Well, a lot of stuff can be heard at http://www.simonravn.com/index2.html - I don't have so much new stuff that I am allowed to share for the time being. Will see what I can do


----------



## Herman Witkam (Aug 31, 2004)

Simon Ravn said:


> I guess I provoked once too much Was being too frank.. And the site seems more and more run by developers - developers own the place these days... So you can't really post too much honest critique about products released by the developers who "own" the place... That's how I see it anyway.

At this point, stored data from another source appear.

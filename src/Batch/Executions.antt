-- ===== src/Batch/Executions.antt =====
-- `record_zq_execution` branch by branch.
use poly_zq_trading.Prelude.{
  ℕ, ◌+◌, ◌*◌, ◌≤◌, ◌≡◌, refl, sym, ap, subst, ◌∙◌, List, [], ◌∷◌, true, false, All, contains, ltb,
  if◌then◌else◌, arith, Bool-cases, inl, inr,
}
use native.Mathlib.Nat.{add-sub_cancel, add-zero, zero-add}
use poly_zq_trading.Prelude.Int.{ℤ, pos, pos_part, leb_ℤ}
use poly_zq_trading.Domain.Enums.{zq_submitted, zq_partial}
use poly_zq_trading.Analytics.Units.{one_share}
use poly_zq_trading.Analytics.Sizing.{round_shares_up, incremental_hedge_shares}
use poly_zq_trading.Analytics.Sizing.Laws.{incremental_hedge_shares_lem}
use poly_zq_trading.Batch.Types.{
  TokenCode, inc25, inc50plus, HedgeObligation, execution, Machine, Result, ok, err, Error,
  same_state,
}
use poly_zq_trading.Batch.Machine.{
  is_allowed, ratio_of, new_obligation, add_obligations, book_fill, transition, record_zq_execution,
}
use poly_zq_trading.Batch.Hedges.{
  IsValid, due_total, due_on, known_weaken, add_obligations_due, add_obligations-known,
}

-- The machine once the fill is booked: a submitted order becomes a partial one.
abbrev pub booked : ℕ → ℕ → Machine → Machine
booked exec_id delta m =
    if same_state m.state zq_submitted
    then record m {
      seen_exec_ids = exec_id ∷ m.seen_exec_ids;
      filled_quantity = m.filled_quantity + delta;
      state = zq_partial;
      transition_history =
          (record { previous = m.state; next = zq_partial; reason = execution exec_id })
          ∷ m.transition_history;
    }
    else record m {
      seen_exec_ids = exec_id ∷ m.seen_exec_ids;
      filled_quantity = m.filled_quantity + delta;
    }

-- Booking never raises.
pub book_fill_lem :
    (exec_id delta : ℕ) (m : Machine) → book_fill exec_id delta m ≡ (ok tt, booked exec_id delta m)
unfolding book_fill transition is_allowed
book_fill_lem exec_id delta m = ground arith

booked_fields :
    (exec_id delta : ℕ) (m : Machine)
    → let b = booked exec_id delta m in
      (b.obligations ≡ m.obligations)
      × (b.seen_exec_ids ≡ exec_id ∷ m.seen_exec_ids)
      × (b.filled_quantity ≡ m.filled_quantity + delta)
      × (b.original_quantity ≡ m.original_quantity)
      × (b.calendar ≡ m.calendar)
      × (b.pre_meeting_effr ≡ m.pre_meeting_effr)
booked_fields exec_id delta m = ground arith

-- The four ways in which a call can end.
pub data Outcome (exec_id : ℕ) (delta : ℤ) (m : Machine)
    : Result (List HedgeObligation) × Machine → Type 0 where
  refused : (e : Error) → Outcome exec_id delta m (err e, m)
  repeated : contains exec_id m.seen_exec_ids ≡ true → Outcome exec_id delta m (ok [], m)
  filled :
      contains exec_id m.seen_exec_ids ≡ false
      → m.filled_quantity + pos_part delta ≤ m.original_quantity * one_share
      → Outcome exec_id delta m (
          let (created, m') =
            add_obligations exec_id (pos_part delta) (booked exec_id (pos_part delta) m) in
          (ok created, m'))

pub record_zq_execution-Outcome :
    (exec_id : ℕ) (delta : ℤ) (m : Machine)
    → Outcome exec_id delta m (record_zq_execution exec_id delta m)
unfolding record_zq_execution
record_zq_execution-Outcome exec_id delta m = elim (Bool-cases (leb_ℤ delta (pos 0))) [
  | inl low ↦ rw low (refused _)
  | inr high ↦ rw high (elim (Bool-cases (contains exec_id m.seen_exec_ids)) [
    | inl old ↦ rw old (repeated old)
    | inr new ↦
        rw new
          (elim (Bool-cases
            (ltb (m.original_quantity * one_share) (m.filled_quantity + pos_part delta))) [
              | inl over ↦ rw over (refused _)
              | inr fits ↦ rw fits (rw book_fill_lem (filled new (ground arith)))
            ])
  ])
]

-- The obligations of a fill, added to a machine that has booked it.
module _ (exec_id delta before : ℕ) (b : Machine) (seen : List ℕ) where
  leg_due :
      (token : TokenCode)
      → b.filled_quantity ≡ before + delta
      → due_on token (new_obligation exec_id delta inc25 b)
          + due_on token (new_obligation exec_id delta inc50plus b)
        ≡ incremental_hedge_shares (ratio_of token b) before delta
  unfolding new_obligation
  leg_due inc25 h = rw (h, add-sub_cancel, add-zero)
  leg_due inc50plus h = rw (h, add-sub_cancel, zero-add)

  module _ (grown : b.filled_quantity ≡ before + delta) (new : contains exec_id seen ≡ false)
      (known : All (λ o. contains o.exec_id seen ≡ true) b.obligations) where
    total_due :
        (token : TokenCode)
        → due_total token b.obligations ≡ round_shares_up (ratio_of token b * before)
        → due_total token (add_obligations exec_id delta b).1.obligations
          ≡ round_shares_up (ratio_of token b * b.filled_quantity)
    total_due token due =
        let sum : due_total token (add_obligations exec_id delta b).1.obligations
            ≡ round_shares_up (ratio_of token b * (before + delta)) =
          omega (
            arith,
            add_obligations_due exec_id delta b seen new known token,
            leg_due token grown,
            incremental_hedge_shares_lem (ratio_of token b) before delta,
            due,
          ) in
        sum ∙ ap (λ t. round_shares_up (ratio_of token b * t)) (sym grown)

    add_obligations-IsValid :
        b.filled_quantity ≤ b.original_quantity * one_share
        → b.seen_exec_ids ≡ exec_id ∷ seen
        → ((token : TokenCode)
            → due_total token b.obligations ≡ round_shares_up (ratio_of token b * before))
        → IsValid (add_obligations exec_id delta b).1
    add_obligations-IsValid fits noted due = record {
      within = unfold add_obligations in fits;
      due = λ token. unfold add_obligations in total_due token (due token);
      known =
          unfold add_obligations in
          subst
            (λ s.
              All (λ p. contains p.exec_id s ≡ true)
                (add_obligations exec_id delta b).1.obligations)
            (sym noted)
            (add_obligations-known exec_id delta b seen (known_weaken exec_id seen _ known));
    }

-- A call keeps a machine valid: after any execution, refused, repeated or booked, each leg is due
-- the hedge of exactly the filled quantity, rounded once.
pub record_zq_execution-IsValid :
    (exec_id : ℕ) (delta : ℤ) (m : Machine)
    → IsValid m
    → IsValid (record_zq_execution exec_id delta m).1
record_zq_execution-IsValid exec_id delta m valid =
    keep (record_zq_execution exec_id delta m) (record_zq_execution-Outcome exec_id delta m)
  where
    keep : (r : Result (List HedgeObligation) × Machine) → Outcome exec_id delta m r → IsValid r.1
    keep r (refused e) = valid
    keep r (repeated old) = valid
    keep r (filled new fits) = elim (Bool-cases (same_state m.state zq_submitted)) [
      | inl submitted ↦ rw submitted (
          add_obligations-IsValid exec_id (pos_part delta) m.filled_quantity _ m.seen_exec_ids refl
            new valid.known fits refl valid.due)
      | inr other ↦ rw other (
          add_obligations-IsValid exec_id (pos_part delta) m.filled_quantity _ m.seen_exec_ids refl
            new valid.known fits refl valid.due)
    ]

If you can't critisise them, I would think it means there would be something wrong with their libraries they won't acknowledge.


----------



## deadbeat (Aug 31, 2004)

Simon Ravn said:


> Herman Witkam said:
> 
> 
> > Welcome!
> ...



Hey come on. Whacha say? It must have been real bad. :wink:


----------



## Simon Ravn (Sep 1, 2004)

deadbeat said:


> Simon Ravn said:
> 
> 
> > Herman Witkam said:
> ...



I posted a link to a set of earplugs as a reaction to a DIVA demo :lol:


----------



## Herman Witkam (Sep 1, 2004)

lol

The Diva demos I've heard sound pretty great.


----------



## Simon Ravn (Sep 1, 2004)

Herman Witkam said:


> lol
> 
> The Diva demos I've heard sound pretty great.



Ok :D


----------



## Craig Sharmat (Sep 18, 2004)

Diva Rawks!

Ban Simon!

Well you know I'm not serious


----------



## Frederick Russ (Sep 18, 2004)

*index finger twitching over the "ban Simon" key  *

JUST KIDDING!


----------